También son relativamente sencillas de comprender las actitudes de asociaciones que reciben dinero público como Assemblea Nacional Catalana (ANC), que habla de fascismo, franquismo y dictadura con una facilidad pasmosa y engaña a pensionistas, funcionarios y estudiantes prometiendo mayores pensiones, sueldos y becas en una Cataluña independiente; como la Asociación de Municipios Independentistas, que dice en sus estatutos que “en Cataluña el trabajo, la ciencia, las artes, el pensamiento siempre han estado a la vanguardia de la realidad y del sentimiento de un pueblo, en contraposición de la dedicación de las élites españolas de habla castellana, dedicadas a la gran administración, al ejército y la judicatura”; como Súmate, que afirma que España es irreformable y ha promovido señalamientos a equidistantes.

También son sencillos de comprender los editoriales del periódico El Nacional, que tiene columnistas que acusan a la familia sindicalista de Coscubiela de ser españoles que vinieron a boicotear a las empresas catalanas, o que hablan de Marta Pujol Ferrusola con frases como “disociación entre el cuerpo y el espíritu que la ocupación española impone a los catalanes con un poco de ambición […] la espiritualidad del país se haya visto obligada a encajar en formas extranjeras y hostiles”. O los de El Punt Avui, que tuvo que retirar esta viñeta repugnante, o Vila Web, que tiene columnistas que acusaron indirectamente a España del atentado de las Ramblas, mediante un ataque de falsa bandera, o El Món, que el otro día publicó una noticia porque un vecino de Girona sacó una bandera española al balcón durante una manifestación independentista. Este tipo de discursos están aceptados, subvencionados y promovidos, o al menos tolerados en silencio. Los directores y periodistas de estos medios aparecen en la televisión y la radio pública con frecuencia. Su relación con el Govern es muy cercana, y algunos incluso han trabajado para las instituciones.

Las culpas no pueden repartirse equitativamente entre el Gobierno central y el independentismo: la fábrica de independentistas es el independentismo, el autogobierno se lo han cargado los propios independentistas, igual que la convivencia, y la polarización y el odio son esencialmente culpa del independentismo más radical.
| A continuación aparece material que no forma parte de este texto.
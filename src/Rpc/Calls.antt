-- ===== src/Rpc/Calls.antt =====
-- The calls of src/EnkiNet/Networking/RPCManager.hpp that write a packet, and `receive` for entities.
-- The arguments come with their sizes, which the static_assert of `call` ties to the function.
use enki_net.Common.{
  ℕ, List, [], ◌∷◌, Bool, not, Option, none, some, length, leb, if◌then◌else◌, Outcome, ok, ◌>>=◌,
}
use enki_net.Packet.{Packet, of_header, empty, set_header, type_code, entity_rpc}
use enki_net.Packet.Codec.{put_string, get_string}
use enki_net.Entity.{EntityInfo, put_info, get_info, is_owner}
use enki_net.Rpc.{
  RpcManager, ReceiveError, empty_packet, invalid_name, caught, wrap_entity, receive_global,
  rpc_info,
}
use enki_net.Rpc.Args.{put_args}

-- The client of the network manager: its id and isConnected().
pub record Client : Type 0 where
  pub id : ℕ
  pub connected : Bool

pub record CallResult (S : Type 0) : Type 0 where
  pub state : S
  pub logged : Option ReceiveError
  pub sent : List Packet

-- The packet of a global call, and that of an entity call.
unfoldable pub global_packet : List ℕ → List (ℕ × ℕ) → Outcome Packet
global_packet name args = put_string name empty >>= put_args args

unfoldable pub entity_packet : EntityInfo → List ℕ → List (ℕ × ℕ) → Outcome Packet
entity_packet info name args =
    put_info info (of_header (record { type = type_code entity_rpc; time_sent = 0 }))
    >>= put_string name
    >>= put_args args

-- ClientStandard::sendPacket stamps the header of the packet itself.
abbrev pub stamp : ℕ → Packet → Packet
stamp now p = set_header (record { type = p.header.type; time_sent = now }) p

module _ {S : Type 0} (right_to_left : Bool) where
  entity_body : RpcManager S → Packet → ℕ → S → Outcome (S × Option ReceiveError)
  entity_body m p e st =
      if leb (length p.bytes) p.bytes_read
      then ok (st, some empty_packet)
      else (get_info p >>= λ (info, q). get_string q >>= λ (name, r).
          elim (m.entity_rpcs info.type name) [
            | none ↦ ok (st, some invalid_name)
            | some f ↦ wrap_entity right_to_left f r e st >>= λ st'. ok (st', none)
          ])

  -- receive(Packet, T*) for an entity
  unfoldable pub receive_entity : RpcManager S → Packet → ℕ → S → Outcome (S × Option ReceiveError)
  unfolding entity_body
  receive_entity m p e st = caught st (entity_body m p e st)

  -- call for a free function, and callUnsafe
  unfoldable pub call_global :
      RpcManager S → List ℕ → List (ℕ × ℕ) → S → Outcome (S × Option ReceiveError)
  call_global m name args st = elim (m.global_rpcs name) [
    | none ↦ ok (st, none)
    | some r ↦ global_packet name args >>= λ p. receive_global right_to_left m p st
  ]

  -- callUnsafe for an entity
  unfoldable pub call_unsafe_entity :
      RpcManager S → List ℕ → EntityInfo → List (ℕ × ℕ) → S → Outcome (S × Option ReceiveError)
  call_unsafe_entity m name info args st = elim (m.entity_rpcs info.type name) [
    | none ↦ ok (st, none)
    | some r ↦ entity_packet info name args >>= λ p. receive_entity m p info.id st
  ]

  -- What a call of a registered entity function does once its packet is written.
  unfoldable pub run_call :
      RpcManager S → ℕ → EntityInfo → Bool × Bool → Packet → S → Outcome (CallResult S)
  run_call m now info (here, away) p st =
      let p' = if away then stamp now p else p in
      let sent : List Packet = if away then p' ∷ [] else [] in
      if here
      then (receive_entity m p' info.id st >>= λ (st', e).
          ok (record { state = st'; logged = e; sent = sent }))
      else ok (record { state = st; logged = none; sent = sent })

  -- call for an entity, at the time `now`; `client` is `none` where it or the manager is null.
  unfoldable pub call_entity :
      RpcManager S
      → Option Client
      → ℕ
      → List ℕ
      → EntityInfo
      → List (ℕ × ℕ)
      → S
      → Outcome (CallResult S)
  unfolding run_call
  call_entity m none now name info args st = ok (record { state = st; logged = none; sent = [] })
  call_entity m (some client) now name info args st =
      if not client.connected
      then ok (record { state = st; logged = none; sent = [] })
      else elim (m.entity_rpcs info.type name) [
        | none ↦ ok (record { state = st; logged = none; sent = [] })
        | some r ↦ entity_packet info name args >>= λ p.
            run_call m now info (rpc_info r.rpctype (is_owner (some client.id) info)) p st
      ]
Una vez establecidos estos hechos, es posible interpretar la reacción del Gobierno en los últimos días como exagerada, sobre todo en comparación con la inacción de los últimos meses y años. La Guardia Civil ha requisado papeletas y carteles de propaganda, entrado en periódicos y revistas para informar sobre posibles actos ilegales, registrado sedes de la Generalitat y detenido a 12 cargos públicos. El Gobierno ha cortado el grifo financiero de la Generalitat, lo que supone que el Estado ha intervenido financieramente la autonomía y se hará cargo del pago de los servicios públicos, y la fiscalía ha citado a más de 700 alcaldes (que representan a alrededor de un 43% de la población catalana: coincide con las alcaldías que forman parte de la Asociación de Municipios por la Independencia) que apoyan el referéndum.
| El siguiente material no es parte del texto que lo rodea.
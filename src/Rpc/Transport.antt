-- ===== src/Rpc/Transport.antt =====
-- The arguments of a call arrive as they were given, if the receiver evaluates them from the right.
use mathlib.Core.List.{reverse, reverse-cons}
use enki_net.Common.{
  ℕ, ◌^◌, ◌≤◌, ◌<◌, ◌≡◌, refl, sym, ap, ◌∙◌, List, [], ◌∷◌, ◌++◌, append-nil, append_assoc, map,
  true, false, length, ok, arith,
}
use enki_net.Packet.{Packet, PacketHeader, le_bytes, of_header}
use enki_net.Packet.Codec.{element_bytes, put_number, get_number}
use enki_net.Packet.Laws.{
  Writes, Appends, Reads, Writes-bind, Reads-bind, Reads-map, Reads-pure, written,
}
use enki_net.Packet.Transmission.{transmit, transmit-Reads, new_packet_room}
use enki_net.Packet.RoundTrip.{put_number-Writes, get_number-Reads}
use enki_net.Rpc.Args.{put_args, get_args, get_args_right, get_args_left}

-- The sizes and the values of arguments, and their bytes in a packet.
abbrev pub sizes : List (ℕ × ℕ) → List ℕ
sizes [] = []
sizes ((w, x) ∷ args) = w ∷ sizes args

abbrev pub values : List (ℕ × ℕ) → List ℕ
values [] = []
values ((w, x) ∷ args) = x ∷ values args

abbrev pub args_bytes : List (ℕ × ℕ) → List ℕ
args_bytes [] = []
args_bytes ((w, x) ∷ args) = args_bytes args ++ le_bytes w x

-- Each value fits its size.
abbrev pub ArgsFit : List (ℕ × ℕ) → Type 0
ArgsFit [] = Unit {0}
ArgsFit ((w, x) ∷ args) = (x < 256 ^ w) × ArgsFit args

Appends-refl : (p : Packet) → p.bytes_written ≤ length p.bytes → Appends p [] p
Appends-refl p h = record {
  content = sym (append-nil (written p));
  count = omega arith;
  room = h;
  same_info = refl;
  same_header = refl;
  same_reader = refl;
  same_bits = refl;
}

pub put_args-Writes :
    (args : List (ℕ × ℕ)) (p : Packet)
    → p.bytes_written ≤ length p.bytes
    → Writes (put_args args p) p (args_bytes args)
unfolding put_args
put_args-Writes [] p h = (p, refl, Appends-refl p h)
put_args-Writes ((w, x) ∷ args) p h =
    Writes-bind (put_args args p) (put_number w x) p (args_bytes args) (le_bytes w x)
      (put_args-Writes args p h) (put_number-Writes w x)

-- Reading a first, possibly empty, block and then a number.
pub get_args_right-cons :
    (w x : ℕ) (args : List (ℕ × ℕ))
    → x < 256 ^ w
    → Reads (get_args_right (sizes args)) (values args) (args_bytes args)
    → Reads (get_args_right (w ∷ sizes args)) (x ∷ values args) (args_bytes args ++ le_bytes w x)
unfolding get_args_right
get_args_right-cons w x args h ih =
    Reads-bind (get_args_right (sizes args)) _ (values args) (x ∷ values args) (args_bytes args)
      (le_bytes w x) ih
      (Reads-map (get_number w) (λ y. y ∷ values args) x (le_bytes w x) (get_number-Reads w x h))

-- What fillPacket wrote is read back in order by a call that evaluates its arguments from the right.
pub get_args-Reads :
    (args : List (ℕ × ℕ))
    → ArgsFit args
    → Reads (get_args true (sizes args)) (values args) (args_bytes args)
unfolding get_args
get_args-Reads args h = go args h
  where
    go :
        (xs : List (ℕ × ℕ))
        → ArgsFit xs
        → Reads (get_args_right (sizes xs)) (values xs) (args_bytes xs)
    go [] g = Reads-pure []
    go ((w, x) ∷ xs) g = get_args_right-cons w x xs g.0 (go xs g.1)

-- Arguments of one size.
abbrev pub SameSize : ℕ → List (ℕ × ℕ) → Type 0
SameSize w [] = Unit {0}
SameSize w ((v, x) ∷ args) = (v ≡ w) × SameSize w args

-- `n` parameters of one size.
abbrev pub params : ℕ → List ℕ → List ℕ
params w xs = map (λ _. w) xs

abbrev AllFit : ℕ → List ℕ → Type 0
AllFit w [] = Unit {0}
AllFit w (x ∷ xs) = (x < 256 ^ w) × AllFit w xs

AllFit-snoc : (w x : ℕ) (xs : List ℕ) → AllFit w xs → x < 256 ^ w → AllFit w (xs ++ x ∷ [])
AllFit-snoc w x [] h g = (g, tt)
AllFit-snoc w x (y ∷ xs) h g = (h.0, AllFit-snoc w x xs h.1 g)

AllFit-reverse :
    (w : ℕ) (args : List (ℕ × ℕ))
    → SameSize w args
    → ArgsFit args
    → AllFit w (reverse (values args))
AllFit-reverse w [] h g = tt
AllFit-reverse w ((v, x) ∷ args) h g =
    rw (reverse-cons x (values args))
      (AllFit-snoc w x (reverse (values args)) (AllFit-reverse w args h.1 g.1) (rw h.0 at g.0))

element_bytes-snoc :
    (w x : ℕ) (xs : List ℕ) → element_bytes w (xs ++ x ∷ []) ≡ element_bytes w xs ++ le_bytes w x
element_bytes-snoc w x [] = append-nil (le_bytes w x)
element_bytes-snoc w x (y ∷ xs) =
    ap (λ (t : List ℕ). le_bytes w y ++ t) (element_bytes-snoc w x xs)
    ∙ sym (append_assoc (le_bytes w y) (element_bytes w xs) (le_bytes w x))

args_bytes-reverse :
    (w : ℕ) (args : List (ℕ × ℕ))
    → SameSize w args
    → args_bytes args ≡ element_bytes w (reverse (values args))
args_bytes-reverse w [] h = refl
args_bytes-reverse w ((v, x) ∷ args) h =
    rw (reverse-cons x (values args), element_bytes-snoc w x (reverse (values args)), h.0)
      (ap (λ (t : List ℕ). t ++ le_bytes w x) (args_bytes-reverse w args h.1))

params-snoc : (w x : ℕ) (xs : List ℕ) → params w (xs ++ x ∷ []) ≡ w ∷ params w xs
params-snoc w x [] = refl
params-snoc w x (y ∷ xs) = ap (◌∷◌ w) (params-snoc w x xs)

params-reverse :
    (w : ℕ) (args : List (ℕ × ℕ)) → SameSize w args → sizes args ≡ params w (reverse (values args))
params-reverse w [] h = refl
params-reverse w ((v, x) ∷ args) h =
    rw (reverse-cons x (values args), params-snoc w x (reverse (values args)), h.0)
      (ap (◌∷◌ w) (params-reverse w args h.1))

get_args_left-Reads :
    (w : ℕ) (xs : List ℕ)
    → AllFit w xs
    → Reads (get_args_left (params w xs)) xs (element_bytes w xs)
unfolding get_args_left
get_args_left-Reads w [] h = Reads-pure []
get_args_left-Reads w (x ∷ xs) h =
    Reads-bind (get_number w) _ x (x ∷ xs) (le_bytes w x) (element_bytes w xs)
      (get_number-Reads w x h.0)
      (Reads-map (get_args_left (params w xs)) (◌∷◌ x) xs (element_bytes w xs)
        (get_args_left-Reads w xs h.1))

-- What fillPacket wrote for arguments of one size is read back in the reverse order by a call that
-- evaluates its arguments from the left.
pub get_args_left-reverse :
    (w : ℕ) (args : List (ℕ × ℕ))
    → SameSize w args
    → ArgsFit args
    → Reads (get_args false (sizes args)) (reverse (values args)) (args_bytes args)
unfolding get_args
get_args_left-reverse w args h g =
    rw (args_bytes-reverse w args h, params-reverse w args h)
      (get_args_left-Reads w (reverse (values args)) (AllFit-reverse w args h g))

-- Arguments of one size, each of which fits it, written to a new packet by fillPacket, sent under any
-- header and received, are read back in order by a call that evaluates its arguments from the right,
-- and in the reverse order by one that evaluates them from the left.
pub args_transmission :
    (w : ℕ) (args : List (ℕ × ℕ)) (h h' : PacketHeader)
    → SameSize w args
    → ArgsFit args
    → h'.time_sent < 2 ^ 32
    → (transmit (put_args args) (get_args true (sizes args)) h h' ≡ ok (h', values args))
      × (transmit (put_args args) (get_args false (sizes args)) h h'
          ≡ ok (h', reverse (values args)))
args_transmission w args h h' same each fits =
    let put = put_args-Writes args (of_header h) (new_packet_room h) in
    (
      transmit-Reads (put_args args) (get_args true (sizes args)) (args_bytes args) (values args) h
          h' put (get_args-Reads args each) fits,
      transmit-Reads (put_args args) (get_args false (sizes args)) (args_bytes args)
          (reverse (values args)) h h' put (get_args_left-reverse w args same each) fits,
    )
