-- ===== src/Rpc/Delivery.antt =====
-- A call runs the registered function on the arguments that were given, here and where its packet
-- arrives. The callee evaluates its arguments from the right.
pub mod Remote
use enki_net.Common.{
  ℕ, zero, suc, ◌+◌, ◌^◌, ◌≤◌, ◌<◌, ◌≡◌, refl, sym, ap, ◌∙◌, List, [], ◌∷◌, ◌++◌, append-nil,
  append_assoc, Bool, true, false, Option, none, some, length, length-append, leb, lt→leb, Outcome,
  ok, ◌>>=◌, arith, if◌then◌else◌, not,
}
use enki_net.Packet.{
  Packet, PacketHeader, le_bytes, of_header, empty, default_header, set_header, of_data, sent_bytes,
  type_code, entity_rpc,
}
use enki_net.Packet.Codec.{put_string, get_string}
use enki_net.Packet.Laws.{Writes, Ready, Ready-length, Ready-advance, advance, Writes-bind}
use enki_net.Packet.RoundTrip.{put_string-Writes, get_string-Reads, string_bytes, length-le_bytes}
use enki_net.Packet.Channel.{Carries, Carries-Ready, excess, Arrives, arrives, set_header-Ready}
use enki_net.Entity.{EntityInfo, put_info, get_info, is_owner}
use enki_net.Entity.Laws.{IsInfo, info_bytes, put_info-Writes, get_info-Reads}
use enki_net.Rpc.{
  RpcManager, GlobalRpc, EntityRpc, rpc_info, caught, wrap_global, wrap_entity, receive_global,
}
use enki_net.Rpc.Args.{put_args, get_args}
use enki_net.Rpc.Calls.{
  Client, CallResult, global_packet, entity_packet, stamp, receive_entity, call_global, call_entity,
}
use enki_net.Rpc.Transport.{sizes, values, args_bytes, ArgsFit, put_args-Writes, get_args-Reads}

abbrev pub global_bytes : List ℕ → List (ℕ × ℕ) → List ℕ
global_bytes name args = string_bytes name ++ args_bytes args

abbrev pub entity_bytes : EntityInfo → List ℕ → List (ℕ × ℕ) → List ℕ
entity_bytes info name args = (info_bytes info ++ string_bytes name) ++ args_bytes args

abbrev pub rpc_header : PacketHeader
rpc_header = record { type = type_code entity_rpc; time_sent = 0 }

pub entity_packet-Writes :
    (info : EntityInfo) (name : List ℕ) (args : List (ℕ × ℕ))
    → Writes (entity_packet info name args) (of_header rpc_header) (entity_bytes info name args)
unfolding entity_packet of_header
entity_packet-Writes info name args =
    Writes-bind (put_info info (of_header rpc_header) >>= put_string name) (put_args args)
      (of_header rpc_header) (info_bytes info ++ string_bytes name) (args_bytes args)
      (Writes-bind (put_info info (of_header rpc_header)) (put_string name) (of_header rpc_header)
        (info_bytes info) (string_bytes name)
        (put_info-Writes info (of_header rpc_header) (omega arith)) (put_string-Writes name))
      (put_args-Writes args)

module _ {S : Type 0} (m : RpcManager S) (args : List (ℕ × ℕ)) (fits : ArgsFit args) where
  module _ (r : EntityRpc S) (expects : r.params ≡ sizes args) where
    wrap_entity_lem :
        (p : Packet) (rest : List ℕ) (e : ℕ) (st : S)
        → Ready p (args_bytes args ++ rest)
        → wrap_entity true r p e st ≡ ok (r.run e (values args) st)
    unfolding wrap_entity
    wrap_entity_lem p rest e st ready = rw (expects, get_args-Reads args fits p rest ready) refl

    -- Receiving the packet of a call runs the function that is registered here under the name.
    pub receive_entity_lem :
        (info : EntityInfo) (name : List ℕ) (p : Packet) (rest : List ℕ) (e : ℕ) (st : S)
        → IsInfo info
        → length name < 256 ^ 8
        → m.entity_rpcs info.type name ≡ some r
        → Ready p (entity_bytes info name args ++ rest)
        → receive_entity true m p e st ≡ ok (r.run e (values args) st, none)
    unfolding receive_entity
    receive_entity_lem info name p rest e st valid short known ready =
        rw
          (
            lt→leb (length p.bytes) p.bytes_read (omega (arith, some_bytes)),
            get_info-Reads info valid p (string_bytes name ++ (args_bytes args ++ rest)) at_info,
            get_string-Reads name short p1 (args_bytes args ++ rest) at_name,
            known,
            wrap_entity_lem p2 rest e st at_args,
          )
          refl
      where
        p1 : Packet
        p1 = advance p (length (info_bytes info))

        p2 : Packet
        p2 = advance p1 (length (string_bytes name))

        at_info : Ready p (info_bytes info ++ (string_bytes name ++ (args_bytes args ++ rest)))
        at_info = record {
          inside = ready.inside;
          aligned = ready.aligned;
          unread =
              ready.unread
              ∙ append_assoc (info_bytes info ++ string_bytes name) (args_bytes args) rest
              ∙ append_assoc (info_bytes info) (string_bytes name) (args_bytes args ++ rest);
        }

        at_name : Ready p1 (string_bytes name ++ (args_bytes args ++ rest))
        at_name =
            Ready-advance p (info_bytes info) (string_bytes name ++ (args_bytes args ++ rest))
              at_info

        at_args : Ready p2 (args_bytes args ++ rest)
        at_args = Ready-advance p1 (string_bytes name) (args_bytes args ++ rest) at_name

        some_bytes : p.bytes_read + 1 ≤ length p.bytes
        some_bytes = omega (
          arith,
          Ready-length p (info_bytes info) (string_bytes name ++ (args_bytes args ++ rest)) at_info,
        )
El registro de los últimos días viene motivado por la investigación sobre la supuesta obtención de datos fiscales ilegalmente, para elaborar un censo para el referéndum. La Fiscalía lleva desde enero investigando este caso, a partir de los comentarios de Santiago Vidal. También estas actuaciones judiciales se realizan porque se está usando dinero público para cometer delitos de malversación y prevaricación. No parecen acciones de un gobierno autoritario ni se ha instalado un Estado de excepción: son respuesta del Estado de derecho a actos ilegales.
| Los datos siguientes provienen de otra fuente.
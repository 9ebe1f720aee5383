-- ===== src/Rpc/Delivery/Remote.antt =====
-- The whole way of an entity call: from the caller through the transport to another program.
use enki_net.Common.{
  ℕ, ◌^◌, ◌<◌, ◌≡◌, refl, ap, ◌∙◌, List, [], ◌∷◌, append-nil, Bool, true, false, none, some, length,
  Outcome, ok, ◌>>=◌, if◌then◌else◌,
}
use enki_net.Packet.{Packet, PacketHeader, of_header, of_data, sent_bytes, type_code, entity_rpc}
use enki_net.Packet.Laws.{Appends}
use enki_net.Packet.Channel.{Carries, Carries-Ready, excess, Arrives, arrives, set_header-Ready}
use enki_net.Entity.{EntityInfo, is_owner}
use enki_net.Entity.Laws.{IsInfo}
use enki_net.Rpc.{RpcManager, EntityRpc, rpc_info}
use enki_net.Rpc.Calls.{
  Client, CallResult, entity_packet, stamp, receive_entity, call_entity, run_call,
}
use enki_net.Rpc.Transport.{sizes, values, ArgsFit}
use enki_net.Rpc.Delivery.{entity_bytes, rpc_header, entity_packet-Writes, receive_entity_lem}

-- What a call does to the caller, and what its packet does in a program whose RPC manager is `m'`,
-- which has the function `r'` under the same type and name.
pub record Delivered {S T : Type 0} (m : RpcManager S) (r : EntityRpc S) (client : Client) (now : ℕ)
    (name : List ℕ) (info : EntityInfo) (args : List (ℕ × ℕ)) (st : S) (m' : RpcManager T)
    (r' : EntityRpc T) (e : ℕ) (st' : T) : Type 0 where
  pub packet : Packet
  pub result :
      let todo = rpc_info r.rpctype (is_owner (some client.id) info) in
      call_entity true m (some client) now name info args st
      ≡ ok (record {
        state = if todo.0 then r.run info.id (values args) st else st;
        logged = none;
        sent = if todo.1 then packet ∷ [] else [];
      })
  pub arrival : Packet
  pub transported : (sent_bytes packet >>= of_data) ≡ ok arrival
  pub stamped : arrival.header ≡ record { type = type_code entity_rpc; time_sent = now }
  pub runs : receive_entity true m' arrival e st' ≡ ok (r'.run e (values args) st', none)

module _ {S : Type 0} (m : RpcManager S) (r : EntityRpc S) (now : ℕ) (info : EntityInfo)
    (args : List (ℕ × ℕ)) (name : List ℕ) (p : Packet)
    (a : Carries rpc_header (entity_bytes info name args) p) where
  abbrev outcome : Bool → Bool → S → Outcome (CallResult S)
  outcome here away st = ok (record {
    state = if here then r.run info.id (values args) st else st;
    logged = none;
    sent = if away then stamp now p ∷ [] else [];
  })

  module _ (fits : ArgsFit args) (expects : r.params ≡ sizes args) (valid : IsInfo info)
      (short : length name < 256 ^ 8) (known : m.entity_rpcs info.type name ≡ some r) where
    runs_plain :
        (st : S) → receive_entity true m p info.id st ≡ ok (r.run info.id (values args) st, none)
    runs_plain st =
        receive_entity_lem m args fits r expects info name p (excess p) info.id st valid short known
          (Carries-Ready rpc_header _ p a)

    runs_stamped :
        (st : S)
        → receive_entity true m (stamp now p) info.id st ≡ ok (r.run info.id (values args) st, none)
    runs_stamped st =
        receive_entity_lem m args fits r expects info name (stamp now p) (excess p) info.id st valid
          short known
          (set_header-Ready _ _ p (unfold of_header in a.same_reader)
            (Carries-Ready rpc_header _ p a))

    run_call_lem :
        (here away : Bool) (st : S)
        → run_call true m now info (here, away) p st ≡ outcome here away st
    unfolding run_call
    run_call_lem true true st = rw (runs_stamped st)
    run_call_lem true false st = rw (runs_plain st)
    run_call_lem false true st = refl
    run_call_lem false false st = refl

-- A connected client that calls a registered function of an entity, on arguments that fit the
-- parameters, runs it on the spot, or sends it, or both, as RPCInfo says, and nothing is logged. The
-- packet of the call, handed to the transport, arrives with the time of sending, and makes a receiver
-- that has a function of the same parameters under the type and name run that on the same arguments.
-- Both programs evaluate the arguments of a call from the right.
pub call_entity-Delivered :
    {S T : Type 0} (m : RpcManager S) (r : EntityRpc S) (client : Client) (now : ℕ) (name : List ℕ)
    (info : EntityInfo) (args : List (ℕ × ℕ)) (st : S) (m' : RpcManager T) (r' : EntityRpc T)
    (e : ℕ) (st' : T)
    → client.connected ≡ true
    → m.entity_rpcs info.type name ≡ some r
    → r.params ≡ sizes args
    → m'.entity_rpcs info.type name ≡ some r'
    → r'.params ≡ sizes args
    → ArgsFit args
    → IsInfo info
    → length name < 256 ^ 8
    → now < 2 ^ 32
    → Delivered m r client now name info args st m' r' e st'
unfolding call_entity
call_entity-Delivered m r client now name info args st m' r' e st' on known expects known' expects'
      fits valid short time =
    record {
      packet = stamp now p;
      result =
          rw (on, known, put)
            (run_call_lem m r now info args name p a fits expects valid short known
              (rpc_info r.rpctype (is_owner (some client.id) info)).0
              (rpc_info r.rpctype (is_owner (some client.id) info)).1 st);
      arrival = c.packet;
      transported = rw c.sent c.built;
      stamped = c.same_header ∙ ap (λ (t : ℕ). record { type = t; time_sent = now }) typed;
      runs =
          receive_entity_lem m' args fits r' expects' info name c.packet [] e st' valid short known'
            (rw append-nil c.ready);
    }
  where
    written_packet :
        (q : Packet) × (entity_packet info name args ≡ ok q)
        × Appends (of_header rpc_header) (entity_bytes info name args) q
    written_packet = entity_packet-Writes info name args

    p : Packet
    p = written_packet.0

    put : entity_packet info name args ≡ ok p
    put = written_packet.1

    a : Carries rpc_header (entity_bytes info name args) p
    a = written_packet.2

    typed : p.header.type ≡ type_code entity_rpc
    typed = unfold of_header in ap (λ (h : PacketHeader). h.type) a.same_header

    c : Arrives p (record { type = p.header.type; time_sent = now }) (entity_bytes info name args)
    c = arrives rpc_header (entity_bytes info name args) p _ a time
Pero es inevitable no pensar que estas acciones resultan una escenificación exagerada. Rajoy siempre actúa de manera reactiva y en los últimos momentos, con la esperanza de que los problemas desaparezcan solos antes de tener que intervenir. Esto ha provocado que, durante años, el independentismo no haya necesitado represión para justificarse, porque la ha inventado. Rajoy es acusado de inmovilista y al mismo tiempo de excesivamente opresor. Ante esto uno podría argumentar que da igual intervenir: haya o no una intervención, los independentistas inventarán un agravio. Pero un Gobierno no debería ser tan cínico como para descartar siempre las soluciones políticas.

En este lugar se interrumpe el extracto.